_THE PROBLEM_: Search the entries for the word "elim". Copy each line in which it is found.

_INFORMATION SUPPLIED_:
☆ ☆ ☆

-- ===== src/Ngram/Windows.antt =====
-- What `convert_gram` of libursa/Utils.cpp gives for a string is indexed of every file that has the
-- string.
use ursadb.Prelude.{
  ℕ, ◌+◌, ◌<◌, ◌≡◌, refl, sym, ap, ◌∙◌, Bool, true, false, List, [], ◌∷◌, ◌++◌, arith, some,
  Option-cases, inl, inr, length, elem, All,
}
use mathlib.Core.Path.{subst}
use ursadb.Core.{IndexType, gram3, text4, hash4, wide8}
use ursadb.Codec.Encoding.{IsByte}
use ursadb.Ngram.Generators.{
  get_b64_value, push_b64, b64grams_loop, gen_trigrams, trigrams_loop, gen_b64grams, gen_h4grams,
  h4grams_loop, get_generator_for, get_ngram_size_for,
}
use ursadb.Ngram.Convert.{head?, bytes_of, convert_gram}
use ursadb.Ngram.Complete.{
  trigram_of, gen_trigrams_complete, hash_of, gen_h4grams_complete, b64gram_of, pushed,
  gen_b64grams_complete,
}
use ursadb.Ngram.Pack.{pack, bytes_of-pack}

-- The only ngram of a string as long as an ngram.
unfoldable pub Indexed : IndexType → List ℕ → Type 0
Indexed type w =
    (g : ℕ)
    → head? (get_generator_for type w) ≡ some g
    → (pre post : List ℕ) → elem g (get_generator_for type (pre ++ (w ++ post))) ≡ true

some_injective : (a b : ℕ) → some a ≡ some b → a ≡ b
some_injective a b h = ground arith

gram3-Indexed : (w : List ℕ) → length w ≡ 3 → All IsByte w → Indexed gram3 w
unfolding get_generator_for Indexed
gram3-Indexed (a ∷ b ∷ c ∷ []) e h g first pre post =
    let same : trigram_of a b c ≡ g = unfold gen_trigrams trigrams_loop in ground arith in
    subst (λ t. elem t (gen_trigrams (pre ++ a ∷ b ∷ c ∷ post)) ≡ true) same
      (gen_trigrams_complete a b c h.0 h.1.0 h.1.1.0 post pre)
gram3-Indexed [] e h g first pre post = absurd (omega arith)
gram3-Indexed (a ∷ []) e h g first pre post = absurd (omega arith)
gram3-Indexed (a ∷ b ∷ []) e h g first pre post = absurd (omega arith)
gram3-Indexed (a ∷ b ∷ c ∷ d ∷ w) e h g first pre post = absurd (omega arith)

hash4-Indexed : (w : List ℕ) → length w ≡ 4 → All IsByte w → Indexed hash4 w
unfolding get_generator_for Indexed
hash4-Indexed (a ∷ b ∷ c ∷ d ∷ []) e h g first pre post =
    let same : hash_of a b c d ≡ g = unfold gen_h4grams h4grams_loop in ground arith in
    subst (λ t. elem t (gen_h4grams (pre ++ a ∷ b ∷ c ∷ d ∷ post)) ≡ true) same
      (gen_h4grams_complete a b c d post h.0 h.1.0 h.1.1.0 h.1.1.1.0 pre)
hash4-Indexed [] e h g first pre post = absurd (omega arith)
hash4-Indexed (a ∷ []) e h g first pre post = absurd (omega arith)
hash4-Indexed (a ∷ b ∷ []) e h g first pre post = absurd (omega arith)
hash4-Indexed (a ∷ b ∷ c ∷ []) e h g first pre post = absurd (omega arith)
hash4-Indexed (a ∷ b ∷ c ∷ d ∷ x ∷ w) e h g first pre post = absurd (omega arith)

-- With fewer than four letters, nothing is generated.
b64grams_loop-few : (mem : List ℕ) (gram n : ℕ) → n + length mem < 4 → b64grams_loop gram n mem ≡ []
unfolding b64grams_loop
b64grams_loop-few [] gram n h = refl
b64grams_loop-few (b ∷ mem) gram n h = elim (Option-cases (get_b64_value b)) [
  | inl stops ↦ rw (stops, b64grams_loop) (b64grams_loop-few mem gram 0 (omega arith))
  | inr (v, e) ↦
      rw (e, b64grams_loop) (ground (arith, b64grams_loop-few mem (push_b64 gram v) (n + 1)))
]

-- Four bytes with an ngram are letters.
letters :
    (a b c d g : ℕ)
    → head? (gen_b64grams (a ∷ b ∷ c ∷ d ∷ [])) ≡ some g
    → (v w x y : ℕ) × (get_b64_value a ≡ some v)
      × (get_b64_value b ≡ some w)
      × (get_b64_value c ≡ some x)
      × (get_b64_value d ≡ some y)
      × (b64gram_of v w x y ≡ g)
unfolding gen_b64grams b64grams_loop
letters a b c d g first = elim (Option-cases (get_b64_value a)) [
  | inl none_a ↦ absurd (ground (arith, b64grams_loop-few (b ∷ c ∷ d ∷ []) 0 0))
  | inr (v, is_v) ↦ elim (Option-cases (get_b64_value b)) [
    | inl none_b ↦ absurd (ground (arith, b64grams_loop-few (c ∷ d ∷ []) (push_b64 0 v) 0))
    | inr (w, is_w) ↦ elim (Option-cases (get_b64_value c)) [
      | inl none_c ↦
          absurd (ground (arith, b64grams_loop-few (d ∷ []) (push_b64 (push_b64 0 v) w) 0))
      | inr (x, is_x) ↦ elim (Option-cases (get_b64_value d)) [
        | inl none_d ↦ absurd (ground arith)
        | inr (y, is_y) ↦ (
          v,
          w,
          x,
          y,
          is_v,
          is_w,
          is_x,
          is_y,
          ground (arith, pushed a b c d v w x y [] is_v is_w is_x is_y 0),
        )
      ]
    ]
  ]
]

text4-Indexed : (w : List ℕ) → length w ≡ 4 → Indexed text4 w
unfolding get_generator_for Indexed
text4-Indexed (a ∷ b ∷ c ∷ d ∷ []) e g first pre post =
    let (v, w, x, y, is_v, is_w, is_x, is_y, same) = letters a b c d g first in
    subst (λ t. elem t (gen_b64grams (pre ++ a ∷ b ∷ c ∷ d ∷ post)) ≡ true) same
      (gen_b64grams_complete a b c d v w x y post is_v is_w is_x is_y pre)
text4-Indexed [] e g first pre post = absurd (omega arith)
text4-Indexed (a ∷ []) e g first pre post = absurd (omega arith)
text4-Indexed (a ∷ b ∷ []) e g first pre post = absurd (omega arith)
text4-Indexed (a ∷ b ∷ c ∷ []) e g first pre post = absurd (omega arith)
text4-Indexed (a ∷ b ∷ c ∷ d ∷ x ∷ w) e g first pre post = absurd (omega arith)

-- All types but wide8.
abbrev pub narrow : IndexType → Bool
narrow wide8 = false
narrow _ = true

window-Indexed :
    (type : IndexType)
    → narrow type ≡ true
    → (w : List ℕ) → length w ≡ get_ngram_size_for type
    → All IsByte w
    → Indexed type w
unfolding get_ngram_size_for
window-Indexed gram3 n w e h = gram3-Indexed w e h
window-Indexed text4 n w e h = text4-Indexed w e
window-Indexed hash4 n w e h = hash4-Indexed w e h
window-Indexed wide8 n w e h = cc

-- The ngram that is asked for is indexed of every file with its bytes in a row, except for wide8.
pub convert_gram-indexed :
    (type : IndexType) (w pre post : List ℕ) (g : ℕ)
    → narrow type ≡ true
    → length w ≡ get_ngram_size_for type
    → All IsByte w
    → convert_gram type (pack 0 w) ≡ some g
    → elem g (get_generator_for type (pre ++ (w ++ post))) ≡ true
unfolding convert_gram Indexed
convert_gram-indexed type w pre post g n e h first =
    window-Indexed type n w e h g
      (ap (λ t. head? (get_generator_for type t))
          (sym (bytes_of-pack 0 w h) ∙ ap (λ k. bytes_of k (pack 0 w)) e)
        ∙ first)
      pre post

☆ ☆ ☆

_WRITTEN REPLY_:
b64grams_loop-few (b ∷ mem) gram n h = elim (Option-cases (get_b64_value b)) [
letters a b c d g first = elim (Option-cases (get_b64_value a)) [
  | inr (v, is_v) ↦ elim (Option-cases (get_b64_value b)) [
    | inr (w, is_w) ↦ elim (Option-cases (get_b64_value c)) [
      | inr (x, is_x) ↦ elim (Option-cases (get_b64_value d)) [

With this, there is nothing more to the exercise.